Section Summary: The Policy Gradient Journey

We’ve traveled from the basic idea of learning policies directly to state-of-the-art algorithms used in production systems:

  1. Introduction: Why learn policies instead of values?
  2. Policy Gradient Theorem: The mathematical foundation—how to differentiate expected return
  3. REINFORCE: The simplest implementation—elegant but high variance
  4. Actor-Critic: Adding a critic for lower variance, trading off some bias
  5. PPO: Clipped objectives for stability—the workhorse of modern RL
  6. Applications: From robots to language models

You now have the conceptual understanding and practical tools to apply policy gradient methods to real problems.

What’s Next

The RL landscape continues to evolve:

  • Off-policy actor-critic (SAC, TD3): Combining the best of policy gradients and Q-learning
  • Model-based RL: Learning world models to plan and improve sample efficiency
  • Offline RL: Learning from fixed datasets without environment interaction
  • Multi-agent RL: Multiple policies learning together
  • Foundation models for RL: Using large pretrained models for better generalization

The tools you’ve learned here—policy parameterization, advantage estimation, trust regions—are the building blocks for understanding these advanced topics.

Exercises

Conceptual Questions

  1. Why is PPO particularly well-suited for RLHF? What properties make it appropriate for fine-tuning language models?

  2. What is the sim-to-real gap? Name three techniques to address it.

  3. When would you choose PPO over SAC? When SAC over PPO?

  4. Why does RLHF need a KL penalty? What could go wrong without it?

Coding Challenges

  1. Implement continuous-action PPO and train on the Pendulum environment. Plot the learning curve and the final policy’s behavior.

  2. Implement a simple reward model that learns from pairwise preferences.

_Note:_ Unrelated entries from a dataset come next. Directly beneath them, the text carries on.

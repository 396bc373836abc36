-- ===== src/Application/Dependencies/Soundness.antt =====
-- The edges that the analyzer derives: in range, between two tasks, each once, and backward.
use kitchen_ops.Base.{
  ℕ, ◌≤◌, ◌<◌, ◌≡◌, ◌≢◌, refl, sym, ap, ◌∙◌, Bool, true, ◌||◌, Option, none, some, List, [], ◌∷◌,
  ◌++◌, Bytes, bytes_eq, any, sort, map, ltb, leb, ◌==◌, ==-self, if_elim, lookup, insert, All,
  All-append, All-map, All-lookup, All-insert, IsSorted, sort-IsSorted, Bool-cases, Option-cases,
  inl, inr, arith,
}
use kitchen_ops.Models.{RecipeStepModel}
use kitchen_ops.Application.Dependencies.{
  TaskDepPair, Edges, no_edges, edge_key, add_pair, add_found, add_edge, add_deps, add_explicit,
  add_prior, add_assembly, add_previous, add_machine, infer_fallback, infer_recipe_task_deps,
}

-- What holds of the edges after each addition holds after the loops.
module _ (idx : List (ℕ × ℕ)) (Good : Edges → Type 0) where
  module _ (adds : (t d : ℕ) (s : Edges) → Good s → Good (add_edge idx t d s)) where
    deps_good : (t : ℕ) (deps : List ℕ) (s : Edges) → Good s → Good (add_deps idx t deps s)
    unfolding add_deps
    deps_good t [] s h = h
    deps_good t (d ∷ deps) s h = deps_good t deps _ (adds t d s h)

    explicit_good :
        (entries : List (ℕ × List ℕ)) (s : Edges) → Good s → Good (add_explicit idx entries s)
    unfolding add_explicit
    explicit_good [] s h = h
    explicit_good (entry ∷ entries) s h = explicit_good entries _ (deps_good entry.0 entry.1 s h)

  module _ (adds : (t d : ℕ) (s : Edges) → d < t → Good s → Good (add_edge idx t d s)) where
    prior_good :
        (p : ℕ → Bool) (asm : ℕ) (orders : List ℕ) (s : Edges)
        → Good s
        → Good (add_prior idx p asm orders s)
    unfolding add_prior
    prior_good p asm [] s h = h
    prior_good p asm (so ∷ orders) s h =
        prior_good p asm orders _ (elim (Bool-cases (leb asm so || p so)) [
          | inl skipped ↦ rw skipped h
          | inr taken ↦ rw taken (adds asm so s (ground arith) h)
        ])

    assembly_good :
        (p : ℕ → Bool) (orders asms : List ℕ) (s : Edges)
        → Good s
        → Good (add_assembly idx p orders asms s)
    unfolding add_assembly
    assembly_good p orders [] s h = h
    assembly_good p orders (asm ∷ asms) s h =
        assembly_good p orders asms _ (prior_good p asm orders s h)

    previous_good :
        (so : ℕ) (prev : Option ℕ) (s : Edges)
        → ((p : ℕ) → prev ≡ some p → p ≤ so)
        → Good s
        → Good (add_previous idx so prev s)
    unfolding add_previous
    previous_good so none s before h = h
    previous_good so (some p) s before h = elim (Bool-cases (p == so)) [
      | inl same ↦ rw same h
      | inr other ↦ rw other (adds so p s (ground (arith, before p refl)) h)
    ]

    machine_good :
        (machine : ℕ → Option ℕ) (capacity : ℕ → ℕ) (previous : List (ℕ × ℕ)) (orders : List ℕ)
        (s : Edges)
        → IsSorted ltb orders
        → All (λ p. All (λ so. p.1 ≤ so) orders) previous
        → Good s
        → Good (add_machine idx machine capacity previous orders s)
    unfolding add_machine
    machine_good machine capacity previous [] s sorted earlier h = h
    machine_good machine capacity previous (so ∷ orders) s sorted earlier h =
        elim (Option-cases (machine so)) [
          | inl no_machine ↦
              rw (no_machine, add_machine)
                (machine_good machine capacity previous orders s sorted.1 later h)
          | inr (mid, found) ↦
              rw (found, add_machine)
                (machine_good machine capacity (insert mid so previous) orders _ sorted.1
                  (All-insert (λ p. All (λ o. p.1 ≤ o) orders) mid so previous
                    (All-map _ _ orders (λ o e. ground arith) sorted.0) later)
                  (if_elim Good (leb (capacity mid) 1)
                    (previous_good so (lookup mid previous) s
                      (λ p e.
                        All-lookup (λ _ q. q ≤ so) mid p previous
                          (All-map _ _ previous (λ q l. l.0) earlier) e)
                      h)
                    h))
        ]
      where
        later : All (λ p. All (λ o. p.1 ≤ o) orders) previous
        later = All-map _ _ previous (λ q l. l.1) earlier

    fallback_good :
        {F : Type 0} (steps : List (RecipeStepModel F)) (caps : List (ℕ × ℕ))
        → Good no_edges
        → Good (infer_fallback idx steps caps)
    unfolding infer_fallback
    fallback_good steps caps h =
        let orders = sort ltb (map (λ st. st.step_order) steps) in
        machine_good _ _ [] orders _
          (sort-IsSorted ltb (λ a b l. ground arith) (λ a b c k l. ground arith)
            (map (λ st. st.step_order) steps))
          tt (assembly_good _ orders _ no_edges h)

-- No element is found again.
abbrev pub IsDistinct {ℓ} : {A : Type ℓ} → List A → Type ℓ
IsDistinct [] = Unit
IsDistinct (x ∷ xs) = All (λ y. y ≢ x) xs × IsDistinct xs

IsDistinct-append :
    {A : Type 0} (xs : List A) (x : A)
    → IsDistinct xs
    → All (λ y. y ≢ x) xs
    → IsDistinct (xs ++ x ∷ [])
IsDistinct-append [] x h k = (tt, tt)
IsDistinct-append (y ∷ xs) x h k = (
  All-append (λ z. z ≢ y) xs (x ∷ []) h.0 ((λ e. k.0 (sym e)), tt),
  IsDistinct-append xs x h.1 k.1,
)

abbrev pub IsInRange : ℕ → TaskDepPair → Type 0
IsInRange n e = (e.task_idx < n) × (e.dep_idx < n) × (e.task_idx ≢ e.dep_idx)

record IsSound (n : ℕ) (s : Edges) : Type 0 where
  in_range : All (IsInRange n) s.edges
  distinct : IsDistinct s.edges
  recorded : All (λ e. any (bytes_eq (edge_key e)) s.seen ≡ true) s.edges

bytes_eq_self : (a : Bytes) → bytes_eq a a ≡ true
bytes_eq_self [] = refl
bytes_eq_self (x ∷ a) = rw (==-self x) (bytes_eq_self a)

add_pair-IsSound :
    (n : ℕ) (e : TaskDepPair) (s : Edges) → IsInRange n e → IsSound n s → IsSound n (add_pair e s)
unfolding add_pair
add_pair-IsSound n e s r h = elim (Bool-cases (any (bytes_eq (edge_key e)) s.seen)) [
  | inl seen ↦ rw seen h
  | inr fresh ↦ rw fresh (record {
    in_range = All-append (IsInRange n) s.edges (e ∷ []) h.in_range (r, tt);
    distinct = IsDistinct-append s.edges e h.distinct (
        All-map _ _ s.edges
          (λ f known same.
            absurd (
              ground
                (arith, sym known ∙ ap (λ g. any (bytes_eq (edge_key g)) s.seen) same ∙ fresh)))
          h.recorded);
    recorded =
        All-append _ s.edges (e ∷ []) (All-map _ _ s.edges (λ f known. ground arith) h.recorded)
          (rw (bytes_eq_self (edge_key e)) refl, tt);
  })
]

add_edge-IsSound :
    (n : ℕ) (idx : List (ℕ × ℕ))
    → All (λ p. p.1 < n) idx
    → (t d : ℕ) (s : Edges) → IsSound n s
    → IsSound n (add_edge idx t d s)
unfolding add_edge add_found
add_edge-IsSound n idx bounds t d s h =
    found (lookup t idx) (lookup d idx) (λ i e. All-lookup (λ _ j. j < n) t i idx bounds e)
      (λ i e. All-lookup (λ _ j. j < n) d i idx bounds e)
  where
    found :
        (a b : Option ℕ)
        → ((i : ℕ) → a ≡ some i → i < n)
        → ((i : ℕ) → b ≡ some i → i < n)
        → IsSound n (add_found a b s)
    found none b ha hb = h
    found (some i) none ha hb = h
    found (some i) (some j) ha hb = elim (Bool-cases (i == j)) [
      | inl same ↦ rw same h
      | inr other ↦ rw other (add_pair-IsSound n _ s (ha i refl, hb j refl, (λ e. ground arith)) h)
    ]

-- Let the steps' tasks have indices below n. Then each derived pair has two different indices
-- below n, and no pair is derived twice: with explicit dependencies and without.
pub infer_recipe_task_deps-IsInRange :
    {F : Type 0} (n : ℕ) (steps : List (RecipeStepModel F)) (idx : List (ℕ × ℕ))
    (explicit : List (ℕ × List ℕ)) (caps : List (ℕ × ℕ))
    → All (λ p. p.1 < n) idx
    → let pairs = infer_recipe_task_deps steps idx explicit caps in
      All (IsInRange n) pairs × IsDistinct pairs
unfolding infer_recipe_task_deps
infer_recipe_task_deps-IsInRange n steps idx [] caps bounds =
    let sound =
      fallback_good idx (IsSound n) (λ t d s l. add_edge-IsSound n idx bounds t d s) steps caps
        (record { in_range = tt; distinct = tt; recorded = tt }) in
    (sound.in_range, sound.distinct)
infer_recipe_task_deps-IsInRange n steps idx (entry ∷ entries) caps bounds =
    let sound =
      explicit_good idx (IsSound n) (add_edge-IsSound n idx bounds) (entry ∷ entries) no_edges
        (record { in_range = tt; distinct = tt; recorded = tt }) in
    (sound.in_range, sound.distinct)

-- A later step has a later task.
abbrev pub IsIncreasing : List (ℕ × ℕ) → Type 0
IsIncreasing idx = (a b i j : ℕ) → lookup a idx ≡ some i → lookup b idx ≡ some j → a < b → i < j

abbrev pub IsBackward : TaskDepPair → Type 0
IsBackward e = e.dep_idx < e.task_idx

add_edge-IsBackward :
    (idx : List (ℕ × ℕ))
    → IsIncreasing idx
    → (t d : ℕ) (s : Edges) → d < t
    → All IsBackward s.edges
    → All IsBackward (add_edge idx t d s).edges
unfolding add_edge add_found add_pair
add_edge-IsBackward idx up t d s l h =
    found (lookup t idx) (lookup d idx) (λ i j ei ej. up d t j i ej ei l)
  where
    found :
        (a b : Option ℕ)
        → ((i j : ℕ) → a ≡ some i → b ≡ some j → j < i)
        → All IsBackward (add_found a b s).edges
    found none b lt = h
    found (some i) none lt = h
    found (some i) (some j) lt =
        if_elim (λ (r : Edges). All IsBackward r.edges) (i == j) h
          (if_elim (λ (r : Edges). All IsBackward r.edges) _ h
            (All-append _ s.edges _ h (lt i j refl refl, tt)))

-- Without explicit dependencies, where later steps have later tasks, every task waits only for
-- earlier ones: the derived pairs have no cycle.
pub infer_recipe_task_deps-IsBackward :
    {F : Type 0} (steps : List (RecipeStepModel F)) (idx : List (ℕ × ℕ)) (caps : List (ℕ × ℕ))
    → IsIncreasing idx
    → All IsBackward (infer_recipe_task_deps steps idx [] caps)
unfolding infer_recipe_task_deps
infer_recipe_task_deps-IsBackward steps idx caps up =
    fallback_good idx (λ s. All IsBackward s.edges) (add_edge-IsBackward idx up) steps caps tt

Generate synthetic preferences (prefer responses with certain properties), train the reward model, and verify it ranks correctly.

Exploration

  1. Domain randomization experiment. If you have access to a physics simulator (PyBullet, MuJoCo), try training with different amounts of randomization. How does randomization affect training speed? Final performance? Robustness to parameter changes?

  2. Research dive. Pick a recent application of RL in a domain you’re interested in (robotics, games, NLP). What algorithm did they use? What were the key challenges? How did they address them?